# Wechselrahmen - Hotswap -3,5" SATA?



## sdi (15. August 2010)

Hallo,

kann mir jmd. einen Wechselrahmen empfehlen, wo ich eine 3.5" SATA Platte einfach raus/reinschieben kann?

Oder gibt es evtl. ein Gehäuse, wo man das kann auch?


----------



## mattinator (15. August 2010)

Empfehlen nicht, aber eine Liste von Geizhals.at posten: sata in Gehäuse/Wechselrahmen Preisvergleich bei Geizhals.at Deutschland . Die Empfehlungen findest Du in den Bewertungen.
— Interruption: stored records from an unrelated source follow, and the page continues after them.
-- ===== src/Suggestion/Labels.antt =====
-- The labels and the status overview of web/src/pages/SuggestionDetailPage.tsx.
use profit_decision_engine.Prelude.{
  String, ℕ, zero, suc, List, [], ◌∷◌, Option, none, some, Bool, true, false, not, ◌&&◌, ◌==◌,
  ◌+++◌, truthy, includes, lookup, or_else, elem, filter, get_elem?, if◌then◌else◌,
}
use profit_decision_engine.Schema.{
  SuggestionDetail, ActionItem, BusinessEvent, OaNotification, pending, approved, rejected,
  RelationType, new_task, same_action_continuation, action_change_pending,
}

abbrev action_texts : List (String × String)
action_texts =
    ("clearance", "清仓")
    ∷ ("stop_loss", "止损")
    ∷ ("observe", "观察")
    ∷ ("invest", "加投")
    ∷ ("maintain", "维持")
    ∷ ("restock", "补货")
    ∷ ("no_restock", "不补货")
    ∷ ("prohibit_restock", "禁止补货")
    ∷ []

-- `label`
unfoldable pub action_label : Option String → String
action_label none = "不生成"
action_label (some value) =
    if truthy value then or_else (lookup value action_texts) value else "不生成"

abbrev review_texts : List (String × String)
review_texts = ("pending", "待审核") ∷ ("approved", "已通过") ∷ ("rejected", "已驳回") ∷ []

unfoldable pub review_label : String → String
review_label value = or_else (lookup value review_texts) value

abbrev ai_status_texts : List (String × String)
ai_status_texts =
    ("generating", "生成中")
    ∷ ("generated", "已生成")
    ∷ ("failed", "生成失败")
    ∷ ("not_adopted", "内容未采用")
    ∷ ("not_configured", "模型服务未配置")
    ∷ []

unfoldable pub ai_status_label : String → String
ai_status_label value = or_else (lookup value ai_status_texts) value

abbrev state_texts : List (String × String)
state_texts =
    ("pending_review", "待审核")
    ∷ ("pending_execution", "待执行")
    ∷ ("executed", "已执行")
    ∷ ("result_recorded", "已记录结果")
    ∷ ("closed", "已闭环")
    ∷ ("terminated", "已终止")
    ∷ ("not_generated", "不生成")
    ∷ []

unfoldable pub state_label : String → String
state_label value = or_else (lookup value state_texts) value

abbrev quality_field_texts : List (String × String)
quality_field_texts =
    ("quality_return_rate_7d", "近 7 天品退率")
    ∷ ("inventory_days", "库存可售天数")
    ∷ ("inventory_on_hand", "仓内库存")
    ∷ ("inventory_in_transit", "在途库存")
    ∷ ("sales_units_14d", "近 14 天销量")
    ∷ []

unfoldable pub quality_field_label : String → String
quality_field_label value = or_else (lookup value quality_field_texts) value

abbrev quality_value_texts : List (String × String)
quality_value_texts =
    ("missing", "未提供")
    ∷ ("unverified", "未校验")
    ∷ ("not_verified", "未校验")
    ∷ ("insufficient", "数据不足")
    ∷ ("unavailable", "不可计算")
    ∷ []

unfoldable pub quality_value_label : String → String
quality_value_label value = or_else (lookup value quality_value_texts) value

abbrev event_type_texts : List (String × String)
event_type_texts =
    ("review", "主管整体审核")
    ∷ ("task_created", "固定规则建立任务")
    ∷ ("oa_delivery", "钉钉协同通知")
    ∷ ("ai_explanation", "AI 辅助解释")
    ∷ ("business_execution", "经营动作执行")
    ∷ ("inventory_execution", "库存协同核验")
    ∷ ("clearance_completion", "清仓完成提交")
    ∷ []

unfoldable pub event_type_label : String → String
event_type_label value = or_else (lookup value event_type_texts) value

abbrev notification_texts : List (String × String)
notification_texts = ("pending", "待调用") ∷ ("sent", "钉钉已受理") ∷ ("failed", "调用失败") ∷ []

unfoldable pub notification_label : String → String
notification_label value = or_else (lookup value notification_texts) value

unfoldable pub store_platform : String → String → String
store_platform store platform =
    if includes store platform then store else store +++ ("（" +++ (platform +++ "）"))

unfoldable pub relation_text : RelationType → String
relation_text new_task = "本批次新任务"
relation_text same_action_continuation = "跨周同动作续接"
relation_text action_change_pending = "动作变化待确认"

-- `overallState`
unfoldable pub overall_state : ActionItem → String
overall_state item = elim item.review_status [
  | rejected ↦ "已驳回"
  | pending ↦ "待审核"
  | approved ↦
      if item.business_state == "closed"
        && elem item.inventory_state ("closed" ∷ "not_generated" ∷ [])
      then "已闭环"
      else "双轨处理中"
]

-- `qualityLimitations`
unfoldable pub quality_limitations : ActionItem → List (String × String)
quality_limitations item =
    filter (λ entry. not (entry.1 == "valid") && not (entry.1 == "available")) item.quality

-- The last element that passes a test: `[...items].reverse().find(test)`.
abbrev or_found {ℓ} : {A : Type ℓ} → Option A → Bool → A → Option A
or_found (some found) test item = some found
or_found none true item = some item
or_found none false item = none

abbrev find_last {ℓ} : {A : Type ℓ} → (A → Bool) → List A → Option A
find_last test [] = none
find_last test (item ∷ rest) = or_found (find_last test rest) (test item) item

unfoldable pub latest_review : SuggestionDetail → Option BusinessEvent
latest_review detail = find_last (λ event. includes event.type "review") detail.events

unfoldable pub failed_notification : SuggestionDetail → Option OaNotification
failed_notification detail = find_last (λ n. n.status == "failed") detail.notifications

unfoldable pub latest_notification : List OaNotification → String → Option OaNotification
latest_notification items type_ = find_last (λ n. n.type == type_) items

-- `neighborIndex`, and the neighbours before and after it.
abbrev up : Option ℕ → Option ℕ
up none = none
up (some n) = some (suc n)

abbrev find_index : String → List ActionItem → Option ℕ
find_index id [] = none
find_index id (n ∷ rest) =
    let later = find_index id rest in if n.link_id == id then some 0 else up later

abbrev before : List ActionItem → Option ℕ → Option ActionItem
before items none = none
before items (some zero) = none
before items (some (suc n)) = get_elem? items n

abbrev after : List ActionItem → Option ℕ → Option ActionItem
after items none = none
after items (some n) = get_elem? items (suc n)

unfoldable pub neighbors : String → List ActionItem → Option ActionItem × Option ActionItem
neighbors id items = let index = find_index id items in (before items index, after items index)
Irgendein Gehäuse gibt es mit einem 2.5"-Wechselrahmen, das auch bei PCGH vorgestellt wurde, erinnere mich jedoch nicht an Modell / Hersteller.
Doch noch was gefunden:


Thermaltake Armor A60 gesichtet: Midi-Tower mit seitlichem HDD-Hot-Swap-Slot - gehäuse, thermaltake, midi-tower
Antec stellt neues Midi-Gehäuse Two Hundred vor - Antec, Midi-Gehäuse, Hot Swap,
Zalman: Bilder zum MS1000-Gehäuse aufgetaucht - zalman
http://www.caseking.de/shop/catalog...se/Lian-Li-PC-9B-Midi-Tower-black::12254.html
 
Es gibt auch eins, bei dem der Hotswap-Einschub im Deckel ist.


----------



## Torsley (15. August 2010)

ich habe etwas in der richtung und bin zufrieden. LogiLink Docking Station USB + eSATA für 2,5 + 8,9 cm: Amazon.de: Elektronik

brauchte eine für meinen hdi dune damit ich schnell die 3,5 zoll festplatte hin und her bauen kann.


----------



## dot (15. August 2010)

Hatte mal den IB-168SK-B in der Hand. Sah ganz brauchbar aus und man benoetigte kein Geschraube der Festplatte an einen Innenrahmen, damit man die Festplatte in den Wechselrahmen schieben konnte.


----------



## sdi (15. August 2010)

Danke für eure Tipps!

IB-169SK-B von Icybox sieht gut aus, genau so was stelle ich mir vor.


----------



## Ben2010 (16. August 2010)

Moin moin,

Icy Dock hat einige solcher schraubenlosen Wechselrahmen.
Schau mal hier:

Wechselrahmen: Icy Dock MB877SK-B / 3,5” / SATA I/II / Einschublos
Wechselrahmen: Icy Dock MB671SK-BB / 3,5” / Einschub- und schraubenlos / Schwarz

und der hier hat auch noch ein Display mit drinnen:
Wechselrahmen: Icy Dock MB672SKGF-B / 3,5” / LCD / Einschub- und schraubenlos / Schwarz & Aluminium

Und da kannst du qualitativ eigentlich nichts falsch machen bei 3 Jahren Garantie - die sind auch recht hochwertig verbaut.


----------